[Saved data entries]
Content starts

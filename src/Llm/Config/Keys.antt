-- ===== src/Llm/Config/Keys.antt =====
-- A stored key comes back, and those of other users and providers stay.
use pr_sentinel_backend.Base.{
  ℕ, String, ◌≡◌, refl, ◌∙◌, inl, inr, true, List, some, ==_refl, length, Option-cases, find-passes,
}
use pr_sentinel_backend.Errors.{ok}
use pr_sentinel_backend.Prisma.{Prisma}
use pr_sentinel_backend.Prisma.Keyed.{find-create, find-update_many}
use pr_sentinel_backend.Schema.{
  LlmProviderType, openrouter, openai, gemini, anthropic, UserLlmConfig,
}
use pr_sentinel_backend.Database.{Db}
use pr_sentinel_backend.Llm.Encryption.{AesGcm, payload_of, encrypt, decrypt-payload_of}
use pr_sentinel_backend.Llm.Config.{
  same_provider, is_config, find_config, rekeyed, new_config, write_config, upsert_config,
  get_decrypted_config,
}

pub same_provider_refl : (a : LlmProviderType) → same_provider a a ≡ true
same_provider_refl openrouter = refl
same_provider_refl openai = refl
same_provider_refl gemini = refl
same_provider_refl anthropic = refl

module _ ⦃p : Prisma⦄ (now : ℕ) (c : AesGcm) (key iv : List c.Byte) (user_id : ℕ)
    (provider : LlmProviderType) (api_key model : String) (db : Db) where
  abbrev stored : Db
  stored = (write_config now user_id provider (payload_of c key iv api_key) model db).1

  is_config-own :
      (row : UserLlmConfig)
      → row.user_id ≡ user_id
      → row.provider ≡ provider
      → is_config user_id provider row ≡ true
  is_config-own row e e' = rw (e, e', ==_refl user_id) (same_provider_refl provider)

  find_config-stored :
      (row : UserLlmConfig) × (find_config user_id provider stored ≡ some row)
      × (row.encrypted_api_key ≡ payload_of c key iv api_key)
      × (row.model ≡ model)
  unfolding write_config
  find_config-stored = elim (Option-cases (find_config user_id provider db)) [
    | inl e ↦
        let row = new_config now user_id provider (payload_of c key iv api_key) model db in
        let own = is_config-own row refl refl in
        (
          row,
          rw (e, stored, write_config)
              (find-create (is_config user_id provider) row db.user_llm_configs ∙ rw e (rw own)),
          refl,
          refl,
        )
    | inr (old, e) ↦
        let new = rekeyed now (payload_of c key iv api_key) model in
        (
          new old,
          rw (e, stored, write_config)
              (find-update_many (is_config user_id provider) (is_config user_id provider) new
                  db.user_llm_configs (λ r. refl)
                ∙ rw e
                    (rw (find-passes (is_config user_id provider) (p.rows db.user_llm_configs) e))),
          refl,
          refl,
        )
  ]

  pub upsert_config-write_config :
      length key ≡ 32
      → upsert_config now c key iv user_id provider api_key model db
        ≡ (ok (write_config now user_id provider (payload_of c key iv api_key) model db).0, stored)
  unfolding upsert_config encrypt
  upsert_config-write_config valid =
      let encrypts : encrypt c key iv api_key ≡ ok (payload_of c key iv api_key) = rw valid refl in
      rw (encrypts, upsert_config) refl

  -- A stored key comes back: under a key of the service of 32 bytes, after a key has been stored for
  -- a provider, whether or not there was one before, the configuration for that provider is the key
  -- as it was given and the model.
  pub get_decrypted_config-upsert_config :
      length key ≡ 32
      → length iv ≡ 12
      → get_decrypted_config c key user_id provider
          (upsert_config now c key iv user_id provider api_key model db).1
        ≡ ok (record { api_key = api_key; model = model })
  unfolding get_decrypted_config
  get_decrypted_config-upsert_config valid twelve =
      let (row, found, sealed, same) = find_config-stored in
      rw (upsert_config-write_config valid) (
        rw (found, get_decrypted_config)
          (rw (sealed, same, decrypt-payload_of c key iv api_key valid twelve)))
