-- ===== src/Llm/Controller.antt =====
-- src/llm/llm.controller.ts: the configurations and the mode of the user of the request.
use pr_sentinel_backend.Base.{ℕ, Option, none, some}
use pr_sentinel_backend.Errors.{Result, ok, err}
use pr_sentinel_backend.Prisma.{Prisma}
use pr_sentinel_backend.Redis.{RedisClient}
use pr_sentinel_backend.Schema.{LlmMode, free, byok}
use pr_sentinel_backend.Database.{Db}
use pr_sentinel_backend.Llm.Quota.{get_remaining}
use pr_sentinel_backend.Llm.Config.{get_mode}
use pr_sentinel_backend.Llm.Service.{LlmSettings}

pub record ModeView : Type 0 where
  pub llm_mode : LlmMode
  pub remaining_free : Option ℕ

module _ ⦃p : Prisma⦄ ⦃r : RedisClient⦄ (c : LlmSettings) (now : ℕ) where
  -- What is left of the free quota, in the mode that has one.
  abbrev pub remaining_free : LlmMode → (user_id : ℕ) → r.Store → Option ℕ
  remaining_free free user_id store = some (get_remaining c.iso_date c.limit user_id now store)
  remaining_free byok user_id store = none

  -- `getMode`; the other routes are the operations of the configurations.
  unfoldable pub get_mode_route : (user_id : ℕ) → Db → r.Store → Result ModeView
  get_mode_route user_id db store = elim (get_mode user_id db) [
    | err e ↦ err e
    | ok mode ↦ ok (record { llm_mode = mode; remaining_free = remaining_free mode user_id store })
  ]
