-- ===== src/Llm/Quota/Day.antt =====
-- What the quota allows in the course of a day.
use Prim.Native.Nat.{◌/◌, min}
use pr_sentinel_backend.Base.{
  ℕ, suc, ◌+◌, ◌-◌, ◌<◌, ◌≤◌, String, ◌≡◌, refl, inl, inr, false, List, [], ◌∷◌, arith, length,
  if◌then◌else◌, ◌==◌, ltb, Bool-cases, ◌∙◌,
}
use pr_sentinel_backend.Errors.{Result, ok, err}
use pr_sentinel_backend.Redis.{RedisClient}
use pr_sentinel_backend.Llm.Quota.{
  seconds_until_midnight, day_key, consume_free_review, get_remaining,
}

abbrev pub is_ok : Result (Unit {0}) → ℕ
is_ok (ok u) = 1
is_ok (err e) = 0

-- Times of one day, none before the one that it follows.
abbrev pub AreInDay : (day from : ℕ) → List ℕ → Type 0
AreInDay day from [] = Unit
AreInDay day from (t ∷ ts) = (from ≤ t) × (t / 86400000 ≡ day) × AreInDay day t ts

-- A key that expires at midnight is there for the rest of the day.
until_midnight :
    (day now later : ℕ)
    → now / 86400000 ≡ day
    → later / 86400000 ≡ day
    → later / 1000 < now / 1000 + seconds_until_midnight now
unfolding seconds_until_midnight
until_midnight day now later e e' = omega arith

module _ (iso_date : ℕ → String) ⦃r : RedisClient⦄ (limit user_id : ℕ) where
  -- How many of the reviews that are asked for at these times are allowed.
  pub allowed : List ℕ → r.Store → ℕ
  allowed [] store = 0
  allowed (t ∷ ts) store =
      let (answer, store') = consume_free_review iso_date limit user_id t store in
      is_ok answer + allowed ts store'

  module _ (day : ℕ) where
    abbrev key : String
    key = day_key iso_date user_id day

    -- The key holds `m` from this time to the end of the day.
    abbrev Holds : (from m : ℕ) → r.Store → Type 0
    Holds from m store =
        (later : ℕ) → from ≤ later → later / 86400000 ≡ day → r.count (later / 1000) key store ≡ m

    abbrev after : ℕ → r.Store → Result (Unit {0}) × r.Store
    after t store = consume_free_review iso_date limit user_id t store

    is_ok-consume :
        (t m : ℕ) (store : r.Store)
        → t / 86400000 ≡ day
        → r.count (t / 1000) key store ≡ m
        → is_ok (after t store).0 ≡ (if ltb m limit then 1 else 0)
    unfolding consume_free_review
    is_ok-consume t m store e holds =
        rw (e, r.incr-count (t / 1000) key store, holds) (ground arith)

    after-store :
        (t m : ℕ) (store : r.Store)
        → t / 86400000 ≡ day
        → r.count (t / 1000) key store ≡ m
        → (after t store).1 ≡ (
            if suc m == 1
            then r.expire (t / 1000) key (seconds_until_midnight t) (r.incr (t / 1000) key store).1
            else (r.incr (t / 1000) key store).1)
    unfolding consume_free_review
    after-store t m store e holds =
        rw (e, r.incr-count (t / 1000) key store, holds)
          (elim (Bool-cases (ltb limit (suc m))) [
            | inl over ↦ rw over refl
            | inr within ↦ rw within refl
          ])

    first-Holds :
        (t : ℕ) (store : r.Store)
        → t / 86400000 ≡ day
        → r.count (t / 1000) key store ≡ 0
        → Holds t 1 (after t store).1
    first-Holds t store e none_yet later h e' = rw (after-store t 0 store e none_yet) (
        r.count-expire (t / 1000) (later / 1000) (seconds_until_midnight t) key
          (r.incr (t / 1000) key store).1 (omega arith) (until_midnight day t later e e')
        ∙ r.count-incr (t / 1000) key store
        ∙ rw none_yet)

    next-Holds :
        (from t m : ℕ) (store : r.Store)
        → from ≤ t
        → t / 86400000 ≡ day
        → Holds from (suc m) store
        → Holds t (suc (suc m)) (after t store).1
    next-Holds from t m store h e holds later h' e' =
        let later_count : r.count (later / 1000) key store ≡ suc m = holds later (omega arith) e' in
        let counted : (suc (suc m) == 1) ≡ false = ground arith in
        rw (after-store t (suc m) store e (holds t h e), counted)
          (r.count-incr_later (t / 1000) (later / 1000) key store (omega arith)
              (omega (arith, later_count))
            ∙ rw later_count)

    allowed-rest :
        (from m : ℕ) (ts : List ℕ) (store : r.Store)
        → AreInDay day from ts
        → Holds from (suc m) store
        → allowed ts store ≡ min (length ts) (limit - suc m)
    unfolding allowed
    allowed-rest from m [] store times holds = omega arith
    allowed-rest from m (t ∷ ts) store (h, e, rest) holds =
        let first = is_ok-consume t (suc m) store e (holds t h e) in
        let others =
          allowed-rest t (suc m) ts (after t store).1 rest (next-Holds from t m store h e holds) in
        rw (first, others)
          (elim (Bool-cases (ltb (suc m) limit)) [
            | inl within ↦ rw within (ground arith)
            | inr over ↦ rw over (ground arith)
          ])

    -- The quota is exact: of the reviews that a user without one yet asks for in the course of a
    -- day, the first ones are allowed up to the limit, and no more.
    pub allowed-first :
        (t : ℕ) (ts : List ℕ) (store : r.Store)
        → AreInDay day t (t ∷ ts)
        → r.count (t / 1000) (day_key iso_date user_id day) store ≡ 0
        → allowed (t ∷ ts) store ≡ min (length (t ∷ ts)) limit
    unfolding allowed
    allowed-first t ts store (h, e, rest) none_yet =
        rw
          (
            is_ok-consume t 0 store e none_yet,
            allowed-rest t 0 ts (after t store).1 rest (first-Holds t store e none_yet),
          )
          (ground arith)

    -- What the user is told to have left is what is allowed: with some left the next review is
    -- allowed and one less is left for the rest of the day, and with none left it is refused.
    pub get_remaining-consume :
        (from t later m : ℕ) (store : r.Store)
        → from ≤ t
        → t ≤ later
        → t / 86400000 ≡ day
        → later / 86400000 ≡ day
        → Holds from (suc m) store
        → (is_ok (after t store).0
            ≡ (if 0 == get_remaining iso_date limit user_id t store then 0 else 1))
          × (get_remaining iso_date limit user_id later (after t store).1
              ≡ get_remaining iso_date limit user_id t store - 1)
    unfolding get_remaining
    get_remaining-consume from t later m store h h' e e' holds = (
      is_ok-consume t (suc m) store e (holds t h e) ∙ rw (e, holds t h e) (ground arith),
      rw (e, e', holds t h e, next-Holds from t m store h e holds later h' e') (omega arith),
    )
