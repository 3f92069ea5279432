-- ===== src/Llm/Service/Keys.antt =====
-- With which key a model is asked, and that a mode without a usable key can be chosen.
use pr_sentinel_backend.Base.{
  ℕ, String, ◌≡◌, refl, ap, ◌∙◌, inl, inr, List, [], ◌∷◌, none, some, or_else, ◌==◌, ==_refl,
  length, Option-cases,
}
use Prim.Native.String.{◌++◌ as append}
use pr_sentinel_backend.Errors.{Result, ok, err, not_found, internal_server_error, Result-cases}
use pr_sentinel_backend.Reviews.Generation.{LlmMessage, Role}
use pr_sentinel_backend.Prisma.{Prisma}
use pr_sentinel_backend.Prisma.Keyed.{find_unique, find-update}
use pr_sentinel_backend.Redis.{RedisClient}
use pr_sentinel_backend.Schema.{openrouter, byok, User, UserLlmConfig}
use pr_sentinel_backend.Database.{Db}
use pr_sentinel_backend.Prisma.{find_first}
use pr_sentinel_backend.Llm.Encryption.{AesGcm, payload_of}
use pr_sentinel_backend.Llm.Config.{
  user_or_throw, find_config, write_config, upsert_config, update_mode, get_decrypted_config,
}
use pr_sentinel_backend.Llm.Config.Keys.{
  upsert_config-write_config, get_decrypted_config-upsert_config,
}
use pr_sentinel_backend.Llm.Provider.{
  Completion, error_text, openrouter_chat, openrouter_review, get_provider,
}
use pr_sentinel_backend.Llm.Service.{
  LlmSettings, resolve_key_and_model, content_of, generate_review,
}

-- The messages of a review.
abbrev pub prompts : (system_prompt user_prompt : String) → List LlmMessage
prompts system_prompt user_prompt =
    record { role = Role.system; content = system_prompt }
    ∷ record { role = Role.user; content = user_prompt }
    ∷ []

-- The text of a completion, or the failure of the request.
abbrev pub reply_of : Result Completion → Result String
reply_of (ok completion) = ok (or_else completion.first_content "")
reply_of (err e) = err (internal_server_error (append "OpenRouter request failed: " (error_text e)))

openrouter_review-prompts :
    (complete : (api_key model : String) → List LlmMessage → Result Completion)
    (api_key model system_prompt user_prompt : String)
    → content_of (
        openrouter_review complete (record {
          api_key = api_key;
          model = model;
          system_prompt = system_prompt;
          user_prompt = user_prompt;
        }))
      ≡ reply_of (complete api_key model (prompts system_prompt user_prompt))
unfolding openrouter_review openrouter_chat
openrouter_review-prompts complete api_key model system_prompt user_prompt =
    elim (Result-cases (complete api_key model (prompts system_prompt user_prompt))) [
      | inl (e, fails) ↦ rw (fails, openrouter_chat) refl
      | inr (completion, works) ↦ rw (works, openrouter_chat) refl
    ]

module _ ⦃p : Prisma⦄ (now : ℕ) where
  -- To store a key leaves the users alone.
  users-write_config :
      (user_id : ℕ) (encrypted model : String) (db : Db)
      → (write_config now user_id openrouter encrypted model db).1.users ≡ db.users
  unfolding write_config
  users-write_config user_id encrypted model db =
      elim (Option-cases (find_config user_id openrouter db)) [
        | inl e ↦ rw (e, write_config) refl
        | inr (old, e) ↦ rw (e, write_config) refl
      ]

  users-upsert_config :
      (c : AesGcm) (key iv : List c.Byte) (user_id : ℕ) (api_key model : String) (db : Db)
      → length key ≡ 32
      → (upsert_config now c key iv user_id openrouter api_key model db).1.users ≡ db.users
  users-upsert_config c key iv user_id api_key model db valid =
      rw (upsert_config-write_config now c key iv user_id openrouter api_key model db valid)
        (users-write_config user_id (payload_of c key iv api_key) model db)

module _ ⦃p : Prisma⦄ ⦃r : RedisClient⦄ (c : LlmSettings) (now : ℕ) where
  resolve_key_and_model-byok :
      (user_id : ℕ) (user : User) (db : Db) (store : r.Store)
      → find_unique (λ u. u.id) user_id db.users ≡ some user
      → user.llm_mode ≡ byok
      → resolve_key_and_model c now db user_id store
        ≡ (get_decrypted_config c.cipher c.key user_id openrouter db, store)
  unfolding resolve_key_and_model user_or_throw
  resolve_key_and_model-byok user_id user db store found mode =
      rw (found, resolve_key_and_model) (rw mode refl)

module _ ⦃p : Prisma⦄ ⦃r : RedisClient⦄ (c : LlmSettings) (now : ℕ) where
  -- A user in mode BYOK pays with the own key: once a key for OpenRouter is stored, under a key of
  -- the service of 32 bytes, a review is asked of OpenRouter with that key and model, and the free
  -- quota is not touched; the review is the text of the answer.
  pub generate_review-upsert_config :
      (iv : List c.cipher.Byte) (user_id : ℕ) (api_key model : String)
      (system_prompt user_prompt : String) (user : User) (db : Db) (store : r.Store)
      → length c.key ≡ 32
      → length iv ≡ 12
      → find_unique (λ u. u.id) user_id db.users ≡ some user
      → user.llm_mode ≡ byok
      → generate_review c now
          (upsert_config now c.cipher c.key iv user_id openrouter api_key model db).1
          user_id
          system_prompt
          user_prompt
          store
        ≡ (reply_of (c.complete api_key model (prompts system_prompt user_prompt)), store)
  unfolding generate_review resolve_key_and_model user_or_throw get_provider upsert_config
  generate_review-upsert_config iv user_id api_key model system_prompt user_prompt user db store
        valid twelve found mode =
      let after = (upsert_config now c.cipher c.key iv user_id openrouter api_key model db).1 in
      let there : find_unique (λ (u : User). u.id) user_id after.users ≡ some user =
        rw (users-upsert_config now c.cipher c.key iv user_id api_key model db valid) found in
      rw
        (
          resolve_key_and_model-byok c now user_id user after store there mode,
          get_decrypted_config-upsert_config now c.cipher c.key iv user_id openrouter api_key model
              db valid twelve,
        )
        (ap (λ t. (t, store))
          (openrouter_review-prompts c.complete api_key model system_prompt user_prompt))

  -- The mode BYOK can be chosen without a usable key: a user whose keys are all for other providers
  -- than OpenRouter is let into the mode, and from then on every review fails because no
  -- configuration is found.
  pub generate_review-update_mode :
      (user_id : ℕ) (other : UserLlmConfig) (user : User) (system_prompt user_prompt : String)
      (db : Db) (store : r.Store)
      → find_unique (λ u. u.id) user_id db.users ≡ some user
      → find_first (λ x. x.user_id == user_id) db.user_llm_configs ≡ some other
      → find_config user_id openrouter db ≡ none
      → ((update_mode now user_id byok db).0 ≡ ok byok)
        × (generate_review c now
              (update_mode now user_id byok db).1
              user_id
              system_prompt
              user_prompt
              store
            ≡ (err (not_found "LLM config not found"), store))
  unfolding generate_review resolve_key_and_model user_or_throw update_mode get_decrypted_config
  generate_review-update_mode user_id other user system_prompt user_prompt db store found some_key
        no_key =
      let after = (update_mode now user_id byok db).1 in
      let switched : User → User = λ u. record u { llm_mode = byok; updated_at = now } in
      let there : find_unique (λ (u : User). u.id) user_id after.users ≡ some (switched user) =
        rw (some_key, update_mode)
          (rw found (
            find-update (λ (u : User). u.id) user_id switched (λ u. refl) user_id db.users
            ∙ rw (==_refl user_id, found))) in
      let missing : find_config user_id openrouter after ≡ none =
        rw (some_key, update_mode) (rw found no_key) in
      (
        rw (some_key, update_mode) (rw found refl),
        rw (resolve_key_and_model-byok c now user_id (switched user) after store there refl)
            (rw (missing, get_decrypted_config) refl),
      )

Content ends

**YOUR TASK:** Looking at the records above, return exactly the lines from the line with "db).0 ≡ ok byok)" to the line with "user_or_throw update_mode get_decrypted_config", both ends included.

**TASK RESULT:**
      → ((update_mode now user_id byok db).0 ≡ ok byok)
        × (generate_review c now
              (update_mode now user_id byok db).1
              user_id
              system_prompt
              user_prompt
              store
            ≡ (err (not_found "LLM config not found"), store))
  unfolding generate_review resolve_key_and_model user_or_throw update_mode get_decrypted_config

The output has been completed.